Pennsylvania state health officials are “being misinformed” about the availability of personal protective equipment inside hospitals, one of the state’s largest nurses’ unions alleges in a letter that says hospitals have “resorted to severe rationing” even as they resume elective surgeries.

The 8,400-member Pennsylvania Association of Staff Nurses and Allied Professionals said in a letter to the state health secretary, Dr. Rachel Levine, that working conditions inside hospitals remain unsafe because of lax COVID-19 guidance issued by the Health Department and the U.S. Centers for Disease Control and Prevention.

“Pennsylvania health care professionals are scared, exhausted, starting to get sick, and some are dying,” wrote Mark Warshaw, the union’s co-executive director. “The CDC and DOH guidance have given hospitals an excuse and enabled them to ignore basic protections and safety standards for health care workers, and we are the ones suffering.”

The administration of Gov. Tom Wolf had ordered hospitals to postpone elective procedures in an effort to preserve hospital capacity and medical supplies.
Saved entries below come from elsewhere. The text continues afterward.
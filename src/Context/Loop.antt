-- ===== src/Context/Loop.antt =====
-- context.py: what a round of the loop of `select_context` has checked when it selects an artifact.
use trace_gate_framework.Prelude.{
  ℕ, ◌+◌, ◌≤◌, String, ◌≡◌, ap, true, false, inl, inr, Option, none, some, List, [], ◌∷◌, arith,
  string_Eq, option_Eq, option_eq_iff, concat, ok, Result-cases, Option-cases, subst, All,
}
use trace_gate_framework.Documents.{sensitivity}
use trace_gate_framework.Context.{
  Content, text, not_text, Artifact, Item, Platform, Request, Progress, exclude, include, Reason,
  or_text, find_tier, fields_of, digest_of, content_of, fields_denied, tier_denied, early_exclusion,
  judge_content, judge_tier, judge, apply_verdict, select_all,
}

-- What makes a content fit to be selected from a tier of an artifact.
pub record Holds (platform : Platform) (r : Request) (a : Artifact) (s : Progress) (item : Item)
    (size : ℕ) : Type 0 where
  pub referenced : platform.is_digest (or_text "" a.source_digest) ≡ true
  pub intact :
      digest_of a.tier_digests item.tier ≡ some (concat "sha256:" (platform.sha256 item.content))
  pub fits : s.used + size ≤ r.budget
  pub sized : size ≡ platform.encoded_size item.content
  pub identity : a.artifact_id ≡ item.artifact_id
  pub revision : a.revision_id ≡ some item.revision_id
  pub source : a.source_digest ≡ some item.source_digest

pub record Includes (platform : Platform) (r : Request) (a : Artifact) (s : Progress) (item : Item)
    (size : ℕ) : Type 0 where
  pub early : early_exclusion platform r a s ≡ none
  pub level : ℕ
  pub rated : sensitivity (or_text "restricted" a.sensitivity_level) ≡ ok level
  pub allowed : level ≤ r.max_sensitivity
  pub found : find_tier r.allowed_tiers a.tiers ≡ ok (some item.tier)
  pub permitted : tier_denied r item.tier ≡ false
  pub fields : fields_denied r (fields_of a.tier_fields item.tier) ≡ false
  pub stored : content_of a.tiers item.tier ≡ some (text item.content)
  pub holds : Holds platform r a s item size

module _ (platform : Platform) (r : Request) (a : Artifact) (s : Progress) where
  judge_content-Holds :
      (tier : String) (c : Content) (item : Item) (size : ℕ)
      → judge_content platform r a s tier c ≡ ok (include item size)
      → (c ≡ text item.content) × (tier ≡ item.tier) × Holds platform r a s item size
  unfolding judge_content
  judge_content-Holds tier not_text item size h = absurd (ground arith)
  judge_content-Holds tier (text content) item size h = (
    same,
    here,
    record {
      referenced = ground arith;
      intact = rw (← here, ← content_same) intact_here;
      fits = ground arith;
      sized = ground arith;
      identity = ground arith;
      revision = ground arith;
      source = ground arith;
    },
  )
    where
      content_same : content ≡ item.content
      content_same = ground arith

      same : text content ≡ text item.content
      same = ap text content_same

      here : tier ≡ item.tier
      here = ground arith

      intact_here :
          digest_of a.tier_digests tier ≡ some (concat "sha256:" (platform.sha256 content))
      intact_here = ground (
        arith,
        option_eq_iff (digest_of a.tier_digests tier)
            (some (concat "sha256:" (platform.sha256 content))),
      )

  judge_tier-chosen :
      (chosen : Option String) (item : Item) (size : ℕ)
      → judge_tier platform r a s chosen ≡ ok (include item size)
      → (chosen ≡ some item.tier)
        × (tier_denied r item.tier ≡ false)
        × (fields_denied r (fields_of a.tier_fields item.tier) ≡ false)
        × (content_of a.tiers item.tier ≡ some (text item.content))
        × Holds platform r a s item size
  unfolding judge_tier
  judge_tier-chosen none item size h = absurd (ground arith)
  judge_tier-chosen (some tier) item size h = elim (Option-cases (content_of a.tiers tier)) [
    | inl absent ↦ absurd (ground arith)
    | inr (c, present) ↦
        let (same, here, holds) = judge_content-Holds tier c item size (ground arith) in
        (
          ap some here,
          rw (← here) (ground arith),
          rw (← here) (ground arith),
          rw (← here, present) (ap some same),
          holds,
        )
  ]

  -- What a round has checked that selects.
  pub judge-Includes :
      (item : Item) (size : ℕ)
      → judge platform r a s ≡ ok (include item size)
      → Includes platform r a s item size
  unfolding judge
  judge-Includes item size h = elim (Option-cases (early_exclusion platform r a s)) [
    | inr (reason, y) ↦ absurd (ground arith)
    | inl early ↦ elim (Result-cases (sensitivity (or_text "restricted" a.sensitivity_level))) [
      | inl (e, y) ↦ absurd (ground arith)
      | inr (level, rated) ↦ elim (Result-cases (find_tier r.allowed_tiers a.tiers)) [
        | inl (e, y) ↦ absurd (ground arith)
        | inr (chosen, found) ↦
            let (at, permitted, fields, stored, holds) =
              judge_tier-chosen chosen item size (ground arith) in
            record {
              early = early;
              level = level;
              rated = rated;
              allowed = ground arith;
              found = rw (← at) found;
              permitted = permitted;
              fields = fields;
              stored = stored;
              holds = holds;
            }
      ]
    ]
  ]

module _ (platform : Platform) (r : Request) (Q : Artifact → Type 0) (P : Progress → Type 0) where
  -- A property that every round keeps holds after the loop.
  pub select_all_induction :
      ((a : Artifact) (s : Progress) (reason : Reason)
        → P s
        → P (apply_verdict a s (exclude reason)))
      → ((a : Artifact) (s : Progress) (item : Item) (size : ℕ)
          → Includes platform r a s item size
          → Q a
          → P s
          → P (apply_verdict a s (include item size)))
      → (artifacts : List Artifact) (s s' : Progress) → select_all platform r artifacts s ≡ ok s'
      → All Q artifacts
      → P s
      → P s'
  unfolding select_all
  select_all_induction skip take [] s s' h q p = subst P (ground arith) p
  select_all_induction skip take (a ∷ artifacts) s s' h q p =
      elim (Result-cases (judge platform r a s)) [
        | inl (e, y) ↦ absurd (ground arith)
        | inr (exclude reason, y) ↦
            select_all_induction skip take artifacts (apply_verdict a s (exclude reason)) s'
              (ground arith) q.1 (skip a s reason p)
        | inr (include item size, y) ↦
            select_all_induction skip take artifacts (apply_verdict a s (include item size)) s'
              (ground arith) q.1
              (take a s item size (judge-Includes platform r a s item size y) q.0 p)
      ]
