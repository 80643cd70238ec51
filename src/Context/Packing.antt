-- ===== src/Context/Packing.antt =====
-- context.py: `select_context` around its loop, and `assemble_prompt`.
use trace_gate_framework.Prelude.{
  ℕ, String, Bool, not, ◌&&◌, ◌||◌, Option, none, some, List, [], ◌∷◌, ◌==◌, string_Eq,
  if◌then◌else◌, ltb, leb, contains, is_empty, concat, Result, ok, err, Error, value_error,
  permission_error, guard, reject_if, ◌>>=◌, ◌>>◌,
}
use trace_gate_framework.Documents.{
  Strings, strings, not_strings, Count, count, not_count, AccessIntent, ReadProfile, listed, is_set,
  validate_intent, validate_profile, sensitivity,
}
use trace_gate_framework.Context.{
  Time, aware, naive, Artifact, Item, PackBody, ContextPack, Platform, Request, Progress,
  select_all,
}

abbrev pub min : ℕ → ℕ → ℕ
min a b = if leb a b then a else b

-- `_digest` of the body of a pack.
unfoldable pub digest_body : Platform → PackBody → String
digest_body platform body = concat "sha256:" (platform.sha256 (platform.dumps body))

abbrev no_targets : Error
no_targets = permission_error "resolve explicit artifact targets before context selection"

abbrev explicit_texts : List String → Result (List String)
explicit_texts texts = do reject_if (is_empty texts || contains "" texts) no_targets; ok texts

abbrev pub explicit_ids : Option Strings → Result (List String)
explicit_ids none = err no_targets
explicit_ids (some not_strings) = err no_targets
explicit_ids (some (strings texts)) = explicit_texts texts

abbrev pub zoned : Time → Result ℕ
zoned naive = err (value_error "context evaluation time requires timezone")
zoned (aware now) = ok now

abbrev positive : String → ℕ → Result ℕ
positive key n = do guard (ltb 0 n) (value_error (concat "invalid profile limit: " key)); ok n

abbrev pub limit : String → Count → Result ℕ
limit key not_count = err (value_error (concat "invalid profile limit: " key))
limit key (count n) = positive key n

-- `evaluated_at or datetime.now(UTC)`
abbrev pub evaluation_time : Option Time → Time → Time
evaluation_time none clock = clock
evaluation_time (some t) clock = t

abbrev pub nothing_selected : Progress
nothing_selected = record { selected = []; excluded = []; used = 0 }

abbrev pub pack_body : ReadProfile → Progress → PackBody
pack_body profile s = record {
  decision = if is_empty s.selected then "blocked" else "allow";
  profile_id = profile.profile_id;
  items = s.selected;
  excluded = s.excluded;
  bytes_used = s.used;
}

module _ (platform : Platform) (schema_messages_intent : AccessIntent → List String)
    (schema_messages_profile : ReadProfile → List String) (clock : Time) where
  -- The checks of `select_context` before its loop.
  unfoldable pub request_of : AccessIntent → ReadProfile → Option Time → Result Request
  unfolding validate_intent validate_profile
  request_of intent profile evaluated_at = do
    validate_intent schema_messages_intent intent
    validate_profile schema_messages_profile profile
    guard (profile.status == "active") (permission_error "read profile is not active")
    allowed_ids ← explicit_ids intent.targets.artifact_ids
    reject_if (not (is_empty (listed intent.targets.ledger_ids)) || intent.targets.bounded_in_time)
        (permission_error "ledger/time-range selection requires a separate resolver")
    guard (intent.constraints.freshness_requirement == "current")
        (permission_error "historical selection requires a separate resolver")
    now ← zoned (evaluation_time evaluated_at clock)
    max_context_bytes ← limit "max_context_bytes" profile.limits.max_context_bytes
    max_records ← limit "max_records" profile.limits.max_records
    max_age_seconds ← limit "max_age_seconds" profile.limits.max_age_seconds
    guard (contains intent.purpose_class (listed profile.applies_to.purpose_classes))
        (permission_error "read profile does not authorize the declared purpose")
    guard (contains intent.operation (listed profile.applies_to.operations))
        (permission_error "read profile does not authorize the operation")
    intent_level ← sensitivity intent.constraints.maximum_sensitivity
    profile_level ← sensitivity profile.limits.maximum_sensitivity
    ok (record {
      now = now;
      allowed_ids = allowed_ids;
      artifact_types = profile.applies_to.artifact_types;
      max_records = max_records;
      max_age_seconds = max_age_seconds;
      budget = min intent.constraints.context_budget_bytes max_context_bytes;
      max_sensitivity = min intent_level profile_level;
      allowed_tiers = profile.selection.default_tiers;
      raw_allowed = profile.selection.raw_access_allowed && intent.constraints.raw_access_requested;
      history_allowed =
          profile.selection.full_history_allowed
          && is_set intent.constraints.full_history_requested;
      field_denylist = listed profile.selection.field_denylist;
      field_allowlist = listed profile.selection.field_allowlist;
    })

  unfoldable pub select_context :
      AccessIntent → ReadProfile → List Artifact → Option Time → Result ContextPack
  select_context intent profile artifacts evaluated_at = do
    request ← request_of intent profile evaluated_at
    s ← select_all platform request artifacts nothing_selected
    ok (record { body = pack_body profile s; digest = digest_body platform (pack_body profile s) })

pub data Message : Type 0 where
  system user : String → Message
  -- `trace_context`, `context_pack_digest`, `allowed_tool_ids`
  context : List Item → String → List String → Message

pub record PromptBody : Type 0 where
  pub messages : List Message
  pub context_pack_digest : String
  pub tool_ids : List String

pub record PromptEnvelope : Type 0 where
  pub body : PromptBody
  pub digest : String

unfoldable pub place : (String → String → Bool) → String → List String → List String
place before x [] = x ∷ []
place before x (y ∷ ys) =
    let rest = place before x ys in if before x y then x ∷ y ∷ ys else y ∷ rest

-- `sorted(xs)`, where `before` is the order of texts.
unfoldable pub sorted : (String → String → Bool) → List String → List String
unfolding place
sorted before [] = []
sorted before (x ∷ xs) = place before x (sorted before xs)

module _ (platform : Platform) (digest_prompt : PromptBody → String)
    (before : String → String → Bool) where
  abbrev pub prompt_body : String → String → ContextPack → List String → PromptBody
  prompt_body system_instruction request_text pack tool_ids = record {
    messages =
        system system_instruction
        ∷ context pack.items pack.digest (sorted before tool_ids)
        ∷ user request_text
        ∷ [];
    context_pack_digest = pack.digest;
    tool_ids = sorted before tool_ids;
  }

  unfoldable pub assemble_prompt :
      String → String → ContextPack → List String → Result PromptEnvelope
  unfolding digest_body
  assemble_prompt system_instruction request_text pack tool_ids = do
    guard (pack.decision == "allow")
        (permission_error "a blocked context pack cannot be assembled into a prompt")
    guard (pack.digest == digest_body platform pack.body)
        (value_error "context pack changed after selection")
    let body : PromptBody = prompt_body system_instruction request_text pack tool_ids
    ok (record { body = body; digest = digest_prompt body })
Late last month, the state Department of Health gave permission to hospitals and outpatient centers to resume elective surgeries if they could show they wouldn’t jeopardize patient safety or their ability to respond to a sudden spike in COVID-19 patients.

One of the conditions that hospitals had to meet was having a sufficient supply of personal protective equipment.

“It’s not about the quantity of PPE locked away in a closet, but whether the hospitals are handing out the PPE to staff,” the union’s letter said. “The consistent excuse hospitals have given when confronted about their lack of basic protections for worker safety is, ‘it’s a crisis; we can’t do it.’ Well, they can, and they must!”

The union said it wants the Health Department to issue a range of new regulations, including a requirement for more extensive testing of health care workers and a mandate that each hospital worker receive at least one new N95 respirator per day.

Responding to the union's letter, the Health Department said it has sent nearly 5 million N95 respirator masks and vast quantities of medical-grade face masks, gloves, gowns and other supplies in nearly 500 shipments to hospitals statewide.

“Secretary Levine appreciates the concerns raised in this letter,” said her spokesman, Nate Wardle, adding: “It is essential that hospitals do not begin to allow these procedures if they cannot properly protect their staff, or their ability to respond to the COVID-19 emergency.”

The Hospital and Healthsystem Association of Pennsylvania, a trade group, has said that a statewide, voluntary mutual aid agreement has been deploying critical supplies. The Wolf administration has also reserved the right to commandeer medical supplies from private and public health care facilities, manufacturers and other companies.